DeKalb is down the road from the community college where I teach. the yoga studio where I teach is in a small town that is literally across the street from DeKalb.

The area is corn and soybean country, farm country, it's about as Midwestern fresh-faced as you can find. many of these kids are still innocent about the world, they aren't tough Chicago kids like I was growing up. many of them are farmers' kids.

A friend in India told me that the story even made the International Herald Tribune, he had already read about it last night before I wrote about it here. I always laugh when people ask me, "aren't you afraid to go to India by yourself?" Let me tell you: I feel safer being alone in an Indian village than I do in America. I feel safer being on the streets of Chennai at 2 AM than I would being in Chicago at 2 AM. Every time I go to India, when someone asks me what country I'm from and I tell them, more times than not I am asked whether I own a gun. This is the image that America has even in a remote Indian village.

The reality is that the same thing can very easily happen at the school where I teach. maybe somebody did not like the grade I gave them and they'll walk into my class, look at me and say "I GOT YOUR YOGA RIGHT HERE, BITCH" and start blasting. Buddha taught that death is certain, the time of it is not. our lives can change in a split second as many people found out yesterday in DeKalb. yet we live our lives as if we will never die.

Tragedies like this always bring home to me how important it is to live in the present moment, to be mindful and to live mindfully. thinking back on yesterday I recall how before I taught my class I went to my department's office to make copies of some handouts. two department secretaries were in the room complaining about one thing after another -- how the hot water in the sink was not hot enough, how the faucet in the sink was loose, how someone on campus did not respond fast enough to a secretary's email. it was a constant barrage of negativity and I could not wait to leave that room. I remember thinking, man, if they complain about that stuff, how do they handle the really big events in their lives? most of the stuff that we think is important really isn't in the grand scheme of things.

The other night I read excerpts from this article by Phillip Moffitt to my private students. I loved what he said at the end of the article:

"Looking back over your life, how many weeks, months, even years have you wasted anguishing over something you didn't get from a parent, a spouse, or in life? Did all that anguish serve you, or would it have been more skillful to have received fully the experience of the loss, accepted it as what is, and then allowed your emotions to go on to experience what is possible in the present moment? More importantly, are you still caught in an endless cycle of wanting mind, imagining that it is the next accomplishment, change in relationship, or piece of recognition that will make you happy? Pay the boatman at the river of loss and sorrow his three rupees and cross over to the other shore. Your life is here, now."


Be present. Be here now. Be love. Be peace.

peace
shanti
salaam aleikum
so shall it be

4 comments:

Anonymous said...

Oh, peace and healing.

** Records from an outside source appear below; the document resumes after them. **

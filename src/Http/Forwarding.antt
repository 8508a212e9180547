-- ===== src/Http/Forwarding.antt =====
-- What `handleHTTPProtocol` (http_proxy.go) makes of a request of RFC 9112.
pub mod Fields
use tunnel.Prelude.{
  Bytes, true, false, [], ◌∷◌, ◌++◌, ◌≡◌, ◌≢◌, refl, sym, ap, ◌∙◌, Option, none, some, arith, ◌<◌,
  Bool-cases, inl, inr, bytes_eq, bytes_eq_ne, codes, if◌then◌else◌, length, append_assoc, subst,
  ltb, lt→ltb, ◌⊎◌,
}
use tunnel.Prelude.Map.{Map, lookup, bytes_key}
use tunnel.Text.{Lacks, Lacks-append, split_n-three}
use tunnel.Text.Space.{
  trim_space, IsField, IsVisible, last_of, AreSpaces, trim_space-IsField, is_ascii_space,
}
use tunnel.Text.Fields.{IsField-append, last_of-append, last_of-IsField}
use tunnel.Text.Decimal.{decimal}
use tunnel.Text.Scan.{sscanf_int-decimal}
use tunnel.Socks.Handshake.{Config}
use tunnel.Socks.Handshake.Authentication.{read_full-append}
use tunnel.Http.Headers.{read_http_headers}
use tunnel.Http.Headers.RoundTrip.{
  AreHeaders, headers_wire, read_line-append, read_http_headers-headers_wire,
}
use tunnel.Http.RequestLine.{IsRequestLine, request_wire, handle_http_protocol-request_line}
use tunnel.Http.Request.{
  Url, Runtime, Outcome, connects, forwards, is_authorized, with_headers, handle_http_connect,
  handle_http_forward, handle_request_line, handle_http_protocol, forward_to, with_body, read_body,
  target_of, path_of, is_proxy_header, header_line, header_lines, host_line, rebuilt,
}

with_headers-headers_wire :
    (c : Config) (fields : Map Bytes Bytes) (body : Bytes)
    (next : Map Bytes Bytes → Bytes → Outcome)
    → AreHeaders fields
    → is_authorized c fields ≡ true
    → with_headers c (read_http_headers (headers_wire fields body)) next ≡ next fields body
unfolding with_headers
with_headers-headers_wire c fields body next h a =
    rw (read_http_headers-headers_wire fields body h, a)

-- An authorized CONNECT request asks for its target.
handle_http_protocol-connect :
    (c : Config) (r : Runtime) (target version : Bytes) (fields : Map Bytes Bytes) (rest : Bytes)
    → IsRequestLine (codes "CONNECT") target version
    → AreHeaders fields
    → is_authorized c fields ≡ true
    → handle_http_protocol c r (request_wire (codes "CONNECT") target version fields rest)
      ≡ connects target
unfolding handle_request_line handle_http_connect bytes_eq
handle_http_protocol-connect c r target version fields rest l h a =
    handle_http_protocol-request_line c r (codes "CONNECT") target version fields rest l
    ∙ with_headers-headers_wire c fields rest _ h a

-- The headers that are sent on, and the one that is added where there is no Host.
abbrev pub kept : Map Bytes Bytes → Map Bytes Bytes
kept [] = []
kept ((key, value) ∷ fields) =
    if is_proxy_header key then kept fields else (key, value) ∷ kept fields

abbrev pub host_field : Option Bytes → Bytes → Map Bytes Bytes
host_field (some value) host = []
host_field none host = (codes "Host", host) ∷ []

host_line-host_field :
    (o : Option Bytes) (u : Url) (body : Bytes)
    → host_line o u ++ (codes "\r\n" ++ body) ≡ headers_wire (host_field o u.host) body
host_line-host_field none u body = refl
host_line-host_field (some value) u body = refl

header_lines-kept :
    (fields last : Map Bytes Bytes) (body : Bytes)
    → header_lines fields ++ headers_wire last body ≡ headers_wire (kept fields ++ last) body
unfolding header_lines
header_lines-kept [] last body = refl
header_lines-kept ((key, value) ∷ fields) last body = elim (Bool-cases (is_proxy_header key)) [
  | inl left_out ↦ rw left_out (header_lines-kept fields last body)
  | inr sent ↦ rw sent (
      append_assoc (header_line key value) (header_lines fields) (headers_wire last body)
      ∙ ap (λ s. header_line key value ++ s) (header_lines-kept fields last body))
]

-- A request as the target gets it: with the path for the URL, without the headers for the proxy.
abbrev pub forwarded : Runtime → Bytes → Url → Map Bytes Bytes → Bytes → Bytes
forwarded r method u fields body =
    request_wire method (path_of u) (codes "HTTP/1.1")
      (kept (r.visit fields) ++ host_field (lookup (codes "Host") fields) u.host) body

rebuilt-forwarded :
    (r : Runtime) (method : Bytes) (u : Url) (fields : Map Bytes Bytes) (body : Bytes)
    → rebuilt r method u fields body ≡ forwarded r method u fields body
unfolding rebuilt
rebuilt-forwarded r method u fields body =
    let host = lookup (codes "Host") fields in
    ap
      (λ s.
        method
        ++ b' ' ∷ (path_of u ++ (codes " HTTP/1.1\r\n" ++ (header_lines (r.visit fields) ++ s))))
      (host_line-host_field host u body)
    ∙ ap (λ s. method ++ b' ' ∷ (path_of u ++ (codes " HTTP/1.1\r\n" ++ s)))
        (header_lines-kept (r.visit fields) (host_field host u.host) body)

-- The body that the headers announce: none without a length, else as many bytes as the length says.
abbrev pub IsBody : Map Bytes Bytes → Bytes → Type 0
IsBody fields body =
    ((lookup (codes "Content-Length") fields ≡ none) × (body ≡ []))
    ⊎ ((lookup (codes "Content-Length") fields ≡ some (decimal (length body)))
        × (0 < length body)
        × (length body < 10485760))

read_body-length :
    (body rest : Bytes)
    → 0 < length body
    → length body < 10485760
    → read_body (some (decimal (length body))) (body ++ rest) ≡ some (body, rest)
unfolding read_body
read_body-length body rest lo hi =
    let filled : ltb 0 (length body) ≡ true = lt→ltb 0 (length body) lo in
    let small : ltb (length body) 10485760 ≡ true = lt→ltb (length body) 10485760 hi in
    rw (sscanf_int-decimal (length body) (omega arith), filled, small) (read_full-append body rest)

read_body-IsBody :
    (fields : Map Bytes Bytes) (body rest : Bytes)
    → IsBody fields body
    → (more : Bytes) × (read_body (lookup (codes "Content-Length") fields) (body ++ rest)
        ≡ some (body, more))
unfolding read_body
read_body-IsBody fields body rest (inl (e, n)) = (rest, rw (e, n))
read_body-IsBody fields body rest (inr (e, lo, hi)) =
    (rest, rw e (read_body-length body rest lo hi))

forward_to-headers_wire :
    (c : Config) (r : Runtime) (method : Bytes) (u : Url) (fields : Map Bytes Bytes)
    (body rest : Bytes)
    → AreHeaders fields
    → is_authorized c fields ≡ true
    → IsBody fields body
    → forward_to c r method (headers_wire fields (body ++ rest)) (some u)
      ≡ forwards (target_of u) (forwarded r method u fields body)
forward_to-headers_wire c r method u fields body rest h a b =
    let (more, e) = read_body-IsBody fields body rest b in
    with_headers-headers_wire c fields (body ++ rest) _ h a
    ∙ ap (λ o. with_body o (λ s. forwards (target_of u) (rebuilt r method u fields s))) e
    ∙ ap (forwards (target_of u)) (rebuilt-forwarded r method u fields body)

-- An authorized request with any other method goes to the target of its URL as a request with the
-- same method, headers and body.
pub handle_http_protocol-forward :
    (c : Config) (r : Runtime) (method url version : Bytes) (u : Url) (fields : Map Bytes Bytes)
    (body rest : Bytes)
    → IsRequestLine method url version
    → method ≢ codes "CONNECT"
    → r.parse_url url ≡ some u
    → AreHeaders fields
    → is_authorized c fields ≡ true
    → IsBody fields body
    → handle_http_protocol c r (request_wire method url version fields (body ++ rest))
      ≡ forwards (target_of u) (forwarded r method u fields body)
unfolding handle_request_line handle_http_forward
handle_http_protocol-forward c r method url version u fields body rest l n p h a b =
    let other : bytes_eq method (codes "CONNECT") ≡ false =
      bytes_eq_ne method (codes "CONNECT") n in
    handle_http_protocol-request_line c r method url version fields (body ++ rest) l
    ∙ (rw (other, p) (forward_to-headers_wire c r method u fields body rest h a b))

Peace, peace, peace.

Thank you for the Moffitt quote.

Fran said...

Oh my- I sit here with my heart both crying and yet filled with love.

That Moffitt piece- brilliant.

Peace to you - a great light shines forth from your deepest heart.

Linda-Sama said...

you are TOO kind, fran! thanks!

Anonymous said...

Thank you so much for providing peace in a difficult time to all through your meditations and words of loving kindness.